What is missing from Locker’s welcome call is:
- Any self-reflection about why Socialist Alternative failed to experience similarly massive growth as DSA out of its work in the 2016 Bernie Sanders presidential campaign. DSA went from 5,000 to 20,0000 members in a few months after the 2016 election, Socialist Alternative went from 200 to 800 members over four years (2012–2016).
- An explanation as to why or how the proposed federal socialist alliance would grow “rapidly” to roughly five times DSA’s current size of 20,000 members. Are there really 80,000 socialists or socialist-wannabes in the U.S. who are sitting on the sidelines unwilling to affiliate with any existing group who would rush to join a new all-socialist alliance? Is talk of rapid, massive growth really based on a hard-headed assessment of the objective situation and subjective possibilities?
- A justification for the continuing existence of any socialist group in the U.S. not named DSA. DSA is 10 or 20 times the size of all other socialist groups combined, so why shouldn’t these ‘competing’ groups liquidate themselves and join DSA and transform DSA into the multi-tendency socialist organization Locker proposes? Especially when DSA already has a federal structure thanks to its constitution and when there is a Left Caucus within DSA to join and influence? Are existing socialist organizations a means to an end or an end in and of themselves?
If there is any organization in the U.S. today that can build a socialist party or alliance with 100,000 members, it is DSA. But there is no compelling reason for DSA to reproduce itself in the form of a new socialist party or alliance given both the lopsided balance of forces among America’s actually existing socialist groups and DSA’s open and pluralistic nature. Furthermore, even if DSA implemented Locker’s proposal to the letter, the new formation would be incredibly DSA-dominated and smaller ‘competing’ groups like Socialist Alternative would find themselves out-argued and out-voted most if not all of the time, particularly if rapid and massive growth in membership fails to materialize.
Dissolving one’s own organization to join that of a former rival is obviously a bitter pill to swallow but what other path to the goal of a united socialist movement in the U.S. exists today? The 2016 Sanders presidential campaign transformed the geography of the socialist left and rewarded DSA’s hard work within the campaign by turning DSA into something of a mass organization.
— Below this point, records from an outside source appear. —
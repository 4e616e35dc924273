-- ===== src/Ratchet/Skip.antt =====
-- `skipMessageKeys` on all its branches: how far it goes and what it leaves in the session.
use messk.Prelude.{
  ℕ, zero, suc, ◌+◌, ◌-◌, ◌≤◌, ◌<◌, ◌≡◌, refl, Option, none, some, Text, truthy, nonempty, length,
  not, ◌||◌, ltb, if◌then◌else◌, if-property, [], ◌or_else◌, arith, Bool, true, false, inl, inr,
  ◌⊎◌,
}
use messk.Prelude.Dict.{Dict, length-insert}
use messk.Ratchet.Platform.{Platform, IsPlatform, Bytes, Session}
use messk.Ratchet.Step.{Outcome, done, >>?-some}
use messk.Ratchet.Keys.{
  kdf_chain, skipped_key_id, skip_loop, skip_message_keys, store_skipped, skip_from,
}
use messk.Ratchet.Chain.{chain_after, skip_loop-chain}

module _ (p : Platform) (pub_key : Text) where
  skip_loop-length :
      (n i : ℕ) (k : Bytes) (keys : Dict Text) (c : Bytes) (keys' : Dict Text)
      → skip_loop p pub_key n i k keys ≡ some (c, keys')
      → length keys' ≤ length keys + n
  unfolding skip_loop
  skip_loop-length zero i k keys c keys' e = ground arith
  skip_loop-length (suc n) i k keys c keys' e =
      let (next, first, rest) = >>?-some (kdf_chain p k) _ (c, keys') e in
      omega (
        arith,
        skip_loop-length n (i + 1) next.0 _ c keys' rest,
        length-insert (skipped_key_id pub_key i) (p.encode_base64 next.1) keys,
      )

module _ (p : Platform) where
  abbrev pub Bounded : ℕ → Session → Outcome Bool × Session → Type 0
  Bounded until session result =
      (result.1 ≡ session)
      ⊎ ((session.recv_chain_index ≤ until)
          × (until ≤ session.recv_chain_index + 50)
          × (result.1.recv_chain_index ≡ until)
          × (length result.1.skipped_keys
              ≤ length session.skipped_keys + (until - session.recv_chain_index)))

  store_skipped-Bounded :
      (until : ℕ) (session : Session) (o : Option (Bytes × Dict Text))
      → skip_from p until session ≡ o
      → session.recv_chain_index ≤ until
      → until ≤ session.recv_chain_index + 50
      → Bounded until session (store_skipped p until session o)
  store_skipped-Bounded until session none e low high = inl refl
  store_skipped-Bounded until session (some (c, keys)) e low high =
      let (k, decoded, rest) =
        >>?-some (p.decode_base64 (session.recv_chain_key or_else [])) _ (c, keys) e in
      inr (low, high, refl, skip_loop-length p _ _ _ k session.skipped_keys c keys rest)

  -- `skipMessageKeys` leaves the session as it was, or it moves the chain forward to `until`,
  -- over at most 50 messages, and stores at most one key for each of them.
  pub skip_message_keys-Bounded :
      (until : ℕ) (session : Session) → Bounded until session (skip_message_keys p until session)
  unfolding skip_message_keys
  skip_message_keys-Bounded until session =
      let P = Bounded until session in
      let go = store_skipped p until session (skip_from p until session) in
      let in_reach =
        if ltb 50 (until - session.recv_chain_index) then (done false, session) else go in
      if-property P
        (not (truthy session.recv_chain_key) || not (truthy session.recv_ratchet_pub_key))
        (done false, session)
        (if ltb until session.recv_chain_index then (done true, session) else in_reach)
        (λ _. inl refl)
        (λ _.
          if-property P (ltb until session.recv_chain_index) (done true, session) in_reach
            (λ _. inl refl)
            (λ low.
              if-property P (ltb 50 (until - session.recv_chain_index)) (done false, session) go
                (λ _. inl refl)
                (λ high. store_skipped-Bounded until session _ refl (ground arith) (ground arith))))

module _ (p : Platform) (h : IsPlatform p) (session : Session) (k : Bytes) (pub_key : Text) where
  -- Within reach, the chain stands `n` messages further and the keys between are stored.
  pub skip_message_keys-ahead :
      (n : ℕ) (c : Bytes)
      → session.recv_chain_key ≡ some (p.encode_base64 k)
      → 0 < length k
      → session.recv_ratchet_pub_key ≡ some pub_key
      → nonempty pub_key ≡ true
      → chain_after p k n ≡ some c
      → n ≤ 50
      → (keys : Dict Text) × (skip_loop p pub_key n session.recv_chain_index k session.skipped_keys
          ≡ some (c, keys))
        × (skip_message_keys p (session.recv_chain_index + n) session ≡ (
          done true,
          record session {
            recv_chain_key = some (p.encode_base64 c);
            recv_chain_index = session.recv_chain_index + n;
            skipped_keys = keys;
          },
        ))
  unfolding skip_message_keys
  skip_message_keys-ahead n c key long peer named chain reach =
      let (keys, loop) =
        skip_loop-chain p pub_key n session.recv_chain_index k session.skipped_keys c chain in
      let rounds : session.recv_chain_index + n - session.recv_chain_index ≡ n = omega arith in
      let not_before : ltb (session.recv_chain_index + n) session.recv_chain_index ≡ false =
        ground arith in
      let not_beyond : ltb 50 n ≡ false = ground arith in
      (
        keys,
        loop,
        rw
            (
              key,
              peer,
              h.base64_nonempty k long,
              named,
              not_before,
              rounds,
              not_beyond,
              h.base64 k,
              loop,
            )
            refl,
      )
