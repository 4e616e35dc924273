-- ===== src/Ratchet/Delivery.antt =====
-- Two sessions on one chain: what one sends and the other reads, in order or out of order.
pub mod Order
pub mod Late
use messk.Prelude.{
  ℕ, suc, ◌+◌, ◌≤◌, ◌<◌, ◌≡◌, refl, ap, ◌∙◌, sym, Option, none, some, [], Text, truthy, nonempty,
  length, not, if◌then◌else◌, ◌or_else◌, arith, Bool, true, false, Option-cases, inl, inr, ◌⊎◌,
  same_refl, same,
}
use messk.Prelude.Dict.{Dict, lookup, remove}
use messk.Ratchet.Platform.{
  Platform, IsPlatform, Bytes, KeyPair, Session, RatchetMessage, sent_header,
}
use messk.Ratchet.Step.{
  Outcome, done, null, throws, Step, continue, or_throw, or_throw-done, throws-done, ◌>>?◌,
  >>?-some,
}
use messk.Ratchet.Keys.{
  kdf_chain, skip_message_keys, skip_loop, skipped_key_id, validate_message, counter,
}
use messk.Ratchet.Chain.{chain_after, chain_after-next, message_key_after, skipped_key_id_inj}
use messk.Ratchet.Skip.{skip_message_keys-ahead}
use messk.Prelude.Number.{is_integer, at_least}
use messk.Ratchet.Seal.{seal, decrypt_with_message_key}
use messk.Ratchet.Open.{decrypt-seal, seal-valid}
use messk.Ratchet.Send.{encrypt, encrypt_on_chain, ensure_send_chain, advance_send, seal_next}
use messk.Ratchet.Receive.{
  is_new_key, commit, open_message, advance_receive, decrypt, decrypt_draft, follow_ratchet,
  skip_until, open_next, message_key_id,
}

-- The sender is `ahead` messages further on the chain than the receiver, who has no key stored for
-- a message that it still expects.
pub record Ahead (p : Platform) (sender receiver : Session) (ahead : ℕ) : Type 0 where
  pub sent : Bytes
  pub expected : Bytes
  pub send_key : sender.send_chain_key ≡ some (p.encode_base64 sent)
  pub recv_key : receiver.recv_chain_key ≡ some (p.encode_base64 expected)
  pub sent_long : 0 < length sent
  pub expected_long : 0 < length expected
  pub chain : chain_after p expected ahead ≡ some sent
  pub index : sender.send_chain_index ≡ receiver.recv_chain_index + ahead
  pub peer : receiver.recv_ratchet_pub_key ≡ some sender.send_ratchet_pub_key
  pub named : nonempty sender.send_ratchet_pub_key ≡ true
  pub fresh :
      (j : ℕ)
      → receiver.recv_chain_index ≤ j
      → lookup (skipped_key_id sender.send_ratchet_pub_key j) receiver.skipped_keys ≡ none

module _ (p : Platform) (h : IsPlatform p) (pair : KeyPair) (nonce : Bytes) (plaintext : Text)
    (sender : Session) where
  -- A message that has been sent: its key, its seal, and the sender's next state.
  abbrev pub Sent : Bytes → RatchetMessage → Type 0
  Sent sent msg =
      (next : Bytes) × (key : Bytes) × (kdf_chain p sent ≡ some (next, key))
      × (seal p nonce key sender.send_ratchet_pub_key sender.send_chain_index
            sender.previous_send_chain_length plaintext
          ≡ some msg)
      × ((encrypt p pair nonce plaintext sender).1 ≡ advance_send p next sender)

  on_chain :
      (sent : Bytes)
      → sender.send_chain_key ≡ some (p.encode_base64 sent)
      → 0 < length sent
      → encrypt p pair nonce plaintext sender
        ≡ seal_next p nonce plaintext sender (kdf_chain p sent)
  unfolding encrypt encrypt_on_chain ensure_send_chain
  on_chain sent key long =
      let ready : truthy sender.send_chain_key ≡ true = rw key (h.base64_nonempty sent long) in
      let decoded : p.decode_base64 (sender.send_chain_key or_else []) ≡ some sent =
        rw key (h.base64 sent) in
      simp (ready, decoded)

  pub encrypt-Sent :
      (sent : Bytes) (msg : RatchetMessage)
      → sender.send_chain_key ≡ some (p.encode_base64 sent)
      → 0 < length sent
      → (encrypt p pair nonce plaintext sender).0 ≡ done msg
      → Sent sent msg
  encrypt-Sent sent msg key long e =
      let q = on_chain sent key long in
      elim (Option-cases (kdf_chain p sent)) [
        | inl failed ↦ absurd (
            throws-done (
              sym (ap (λ o. (seal_next p nonce plaintext sender o).0) failed)
              ∙ sym (ap (λ r. r.0) q)
              ∙ e))
        | inr ((next, k), derived) ↦
            let q' = q ∙ ap (seal_next p nonce plaintext sender) derived in
            (next, k, derived, or_throw-done _ msg (sym (ap (λ r. r.0) q') ∙ e), ap (λ r. r.1) q')
      ]

module _ (p : Platform) (h : IsPlatform p) (msg : RatchetMessage) (session : Session) where
  open_next-opens :
      (c next key : Bytes) (plaintext : Text)
      → session.recv_chain_key ≡ some (p.encode_base64 c)
      → 0 < length c
      → kdf_chain p c ≡ some (next, key)
      → open_message p msg key ≡ some plaintext
      → nonempty plaintext ≡ true
      → open_next p msg session ≡ (done plaintext, advance_receive p msg next session)
  unfolding open_next
  open_next-opens c next key plaintext recv_key long derived opens nonempty_text =
      let ready : truthy session.recv_chain_key ≡ true = rw recv_key (h.base64_nonempty c long) in
      let decoded : p.decode_base64 (session.recv_chain_key or_else []) ≡ some c =
        rw recv_key (h.base64 c) in
      simp (ready, decoded, derived, opens, nonempty_text)

pub valid_header :
    (msg : RatchetMessage) (n pn : ℕ) (pub_key : Text)
    → msg.header ≡ sent_header pub_key n pn
    → nonempty pub_key ≡ true
    → nonempty msg.ciphertext ≡ true
    → validate_message msg ≡ true
unfolding validate_message is_integer at_least
valid_header msg n pn pub_key header named cipher = rw (header, named, cipher) (ground arith)

module _ (p : Platform) (pair : KeyPair) (msg : RatchetMessage) (receiver : Session) where
  pub decrypt-fresh :
      validate_message msg ≡ true
      → lookup (message_key_id msg) receiver.skipped_keys ≡ none
      → decrypt p msg pair receiver ≡ commit receiver (decrypt_draft p msg pair receiver)
  unfolding decrypt
  decrypt-fresh valid not_stored = simp (valid, not_stored)

  decrypt_draft-same_chain :
      (draft : Session)
      → is_new_key msg.header.ratchet_pub_key receiver.recv_ratchet_pub_key ≡ false
      → skip_message_keys p (counter msg.header.n) receiver ≡ (done true, draft)
      → decrypt_draft p msg pair receiver ≡ open_next p msg draft
  unfolding decrypt_draft follow_ratchet skip_until
  decrypt_draft-same_chain draft same_key skips = simp (same_key, skips)

module _ (p : Platform) (h : IsPlatform p) (pair : KeyPair) (msg : RatchetMessage)
    (receiver : Session) where
  -- The path through `decrypt` for a message `n` ahead on the receiver's chain.
  pub decrypt-ahead :
      (k c next key : Bytes) (n pn : ℕ) (pub_key plaintext : Text)
      → receiver.recv_chain_key ≡ some (p.encode_base64 k)
      → 0 < length k
      → 0 < length c
      → receiver.recv_ratchet_pub_key ≡ some pub_key
      → nonempty pub_key ≡ true
      → chain_after p k n ≡ some c
      → n ≤ 50
      → kdf_chain p c ≡ some (next, key)
      → msg.header ≡ sent_header pub_key (receiver.recv_chain_index + n) pn
      → nonempty msg.ciphertext ≡ true
      → lookup (skipped_key_id pub_key (receiver.recv_chain_index + n)) receiver.skipped_keys ≡ none
      → decrypt_with_message_key p msg.ciphertext key pub_key (receiver.recv_chain_index + n) pn
        ≡ some plaintext
      → nonempty plaintext ≡ true
      → (keys : Dict Text) × (skip_loop p pub_key n receiver.recv_chain_index k
            receiver.skipped_keys
          ≡ some (c, keys))
        × (decrypt p msg pair receiver ≡ (
          done plaintext,
          record receiver {
            recv_chain_key = some (p.encode_base64 next);
            recv_chain_index = receiver.recv_chain_index + n + 1;
            skipped_keys = keys;
          },
        ))
  decrypt-ahead k c next key n pn pub_key plaintext recv_key long c_long peer named chain reach
        derived header cipher fresh opens nonempty_text =
      let (keys, loop, skips) =
        skip_message_keys-ahead p h receiver k pub_key n c recv_key long peer named chain reach in
      let same_key : is_new_key msg.header.ratchet_pub_key receiver.recv_ratchet_pub_key ≡ false =
        rw (header, peer, same_refl pub_key) refl in
      let until : counter msg.header.n ≡ receiver.recv_chain_index + n = rw header refl in
      (
        keys,
        loop,
        decrypt-fresh p pair msg receiver
              (valid_header msg (receiver.recv_chain_index + n) pn pub_key header named cipher)
              (rw header fresh)
            ∙ ap (commit receiver) (
                decrypt_draft-same_chain p pair msg receiver _ same_key
                  (ap (λ i. skip_message_keys p i receiver) until ∙ skips)
                ∙ open_next-opens p h msg _ c next key plaintext refl c_long derived
                    (rw header opens) nonempty_text),
      )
This transformation means that every socialist group in the U.S. not named DSA now faces an existential choice:
- Desperately cling to old, outdated organizational boundaries and continue to re-litigate strategic debates even after lived experience has decisively vindicated one side of those debates and repudiated the other.
- Learn from lived experience and struggle to apply fixed and unchanging principles anew to the evolving and unexpected conditions that confront socialists today.